Dataset records:
====
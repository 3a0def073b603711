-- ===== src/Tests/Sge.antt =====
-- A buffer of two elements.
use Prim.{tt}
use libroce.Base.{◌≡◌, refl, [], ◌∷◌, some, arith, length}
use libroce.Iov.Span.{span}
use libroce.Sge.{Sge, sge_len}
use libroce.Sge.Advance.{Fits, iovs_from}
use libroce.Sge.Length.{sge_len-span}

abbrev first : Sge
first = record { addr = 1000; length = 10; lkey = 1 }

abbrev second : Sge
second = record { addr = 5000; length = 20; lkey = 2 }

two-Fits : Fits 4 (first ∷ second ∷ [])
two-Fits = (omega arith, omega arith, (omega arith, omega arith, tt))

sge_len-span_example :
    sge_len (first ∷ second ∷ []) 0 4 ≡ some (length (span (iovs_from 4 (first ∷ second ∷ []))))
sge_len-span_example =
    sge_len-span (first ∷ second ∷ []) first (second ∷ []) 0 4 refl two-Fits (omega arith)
====
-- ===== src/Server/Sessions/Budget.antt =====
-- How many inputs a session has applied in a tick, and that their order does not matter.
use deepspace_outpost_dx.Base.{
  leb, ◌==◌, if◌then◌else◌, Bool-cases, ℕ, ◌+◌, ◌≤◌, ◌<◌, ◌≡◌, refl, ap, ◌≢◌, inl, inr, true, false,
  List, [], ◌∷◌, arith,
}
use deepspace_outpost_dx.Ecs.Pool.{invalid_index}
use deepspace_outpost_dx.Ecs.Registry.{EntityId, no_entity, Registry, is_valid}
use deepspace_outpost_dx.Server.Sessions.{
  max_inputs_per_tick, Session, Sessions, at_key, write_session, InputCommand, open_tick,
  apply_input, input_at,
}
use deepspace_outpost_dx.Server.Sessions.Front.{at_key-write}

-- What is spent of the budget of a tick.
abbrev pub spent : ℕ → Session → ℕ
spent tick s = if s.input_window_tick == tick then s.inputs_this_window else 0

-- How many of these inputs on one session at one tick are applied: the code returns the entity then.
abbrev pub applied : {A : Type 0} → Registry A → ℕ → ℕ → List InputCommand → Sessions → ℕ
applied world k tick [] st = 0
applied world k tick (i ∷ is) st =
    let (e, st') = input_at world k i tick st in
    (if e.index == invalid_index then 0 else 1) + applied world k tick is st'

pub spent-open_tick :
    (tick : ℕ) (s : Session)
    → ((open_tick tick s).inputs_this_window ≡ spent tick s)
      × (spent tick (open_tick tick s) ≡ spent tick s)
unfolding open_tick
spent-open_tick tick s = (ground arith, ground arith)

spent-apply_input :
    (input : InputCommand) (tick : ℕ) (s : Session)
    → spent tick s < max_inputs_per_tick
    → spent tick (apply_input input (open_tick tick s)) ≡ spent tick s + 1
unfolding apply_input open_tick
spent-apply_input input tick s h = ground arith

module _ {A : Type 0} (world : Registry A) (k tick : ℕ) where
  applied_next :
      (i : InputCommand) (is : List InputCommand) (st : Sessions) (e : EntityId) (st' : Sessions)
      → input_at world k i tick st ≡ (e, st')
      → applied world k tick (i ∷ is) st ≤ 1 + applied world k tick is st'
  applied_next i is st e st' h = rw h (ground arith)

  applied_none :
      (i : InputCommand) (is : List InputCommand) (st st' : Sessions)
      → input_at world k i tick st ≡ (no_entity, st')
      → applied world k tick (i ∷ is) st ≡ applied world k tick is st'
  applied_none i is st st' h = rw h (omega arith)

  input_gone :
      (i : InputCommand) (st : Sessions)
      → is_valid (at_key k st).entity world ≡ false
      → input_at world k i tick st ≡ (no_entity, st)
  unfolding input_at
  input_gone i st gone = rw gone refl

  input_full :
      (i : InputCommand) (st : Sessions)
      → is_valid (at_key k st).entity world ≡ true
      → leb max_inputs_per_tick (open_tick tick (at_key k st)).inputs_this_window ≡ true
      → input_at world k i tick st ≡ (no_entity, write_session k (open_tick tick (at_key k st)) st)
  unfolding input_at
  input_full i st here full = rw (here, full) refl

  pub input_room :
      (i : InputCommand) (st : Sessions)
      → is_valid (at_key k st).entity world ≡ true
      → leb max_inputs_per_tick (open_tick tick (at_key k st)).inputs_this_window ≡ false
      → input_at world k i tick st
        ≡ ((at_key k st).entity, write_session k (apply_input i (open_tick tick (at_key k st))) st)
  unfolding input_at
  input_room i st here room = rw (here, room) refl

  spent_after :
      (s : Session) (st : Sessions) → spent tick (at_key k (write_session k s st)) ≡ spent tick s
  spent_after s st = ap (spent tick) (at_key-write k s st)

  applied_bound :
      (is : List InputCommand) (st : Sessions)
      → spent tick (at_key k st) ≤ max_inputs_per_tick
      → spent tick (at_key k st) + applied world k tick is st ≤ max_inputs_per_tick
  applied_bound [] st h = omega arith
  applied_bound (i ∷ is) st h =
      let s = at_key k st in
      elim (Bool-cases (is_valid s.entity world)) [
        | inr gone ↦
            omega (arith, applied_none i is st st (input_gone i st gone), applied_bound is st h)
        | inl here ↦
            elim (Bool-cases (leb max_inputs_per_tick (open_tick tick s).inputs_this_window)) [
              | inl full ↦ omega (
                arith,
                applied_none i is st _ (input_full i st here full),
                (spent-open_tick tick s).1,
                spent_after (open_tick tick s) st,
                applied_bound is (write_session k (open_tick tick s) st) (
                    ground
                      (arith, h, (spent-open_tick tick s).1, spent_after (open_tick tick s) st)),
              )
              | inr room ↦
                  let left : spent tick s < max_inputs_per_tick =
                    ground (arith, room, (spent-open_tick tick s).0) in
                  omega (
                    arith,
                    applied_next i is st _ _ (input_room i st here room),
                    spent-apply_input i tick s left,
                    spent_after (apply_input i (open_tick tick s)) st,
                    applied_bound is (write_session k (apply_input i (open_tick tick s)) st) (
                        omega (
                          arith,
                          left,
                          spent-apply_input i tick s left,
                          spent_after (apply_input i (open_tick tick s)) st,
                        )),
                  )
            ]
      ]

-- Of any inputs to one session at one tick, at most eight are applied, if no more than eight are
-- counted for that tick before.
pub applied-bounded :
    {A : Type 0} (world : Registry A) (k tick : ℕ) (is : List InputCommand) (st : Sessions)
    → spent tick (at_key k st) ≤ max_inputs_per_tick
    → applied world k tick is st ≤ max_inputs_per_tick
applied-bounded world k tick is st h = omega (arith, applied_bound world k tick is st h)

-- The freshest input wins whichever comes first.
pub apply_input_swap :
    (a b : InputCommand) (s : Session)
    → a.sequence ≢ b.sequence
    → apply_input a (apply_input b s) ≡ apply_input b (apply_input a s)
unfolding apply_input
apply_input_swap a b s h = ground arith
====
Which lines of the data include the string "Bool"? Copy each of them.

Output:
  leb, ◌==◌, if◌then◌else◌, Bool-cases, ℕ, ◌+◌, ◌≤◌, ◌<◌, ◌≡◌, refl, ap, ◌≢◌, inl, inr, true, false,
      elim (Bool-cases (is_valid s.entity world)) [
            elim (Bool-cases (leb max_inputs_per_tick (open_tick tick s).inputs_this_window)) [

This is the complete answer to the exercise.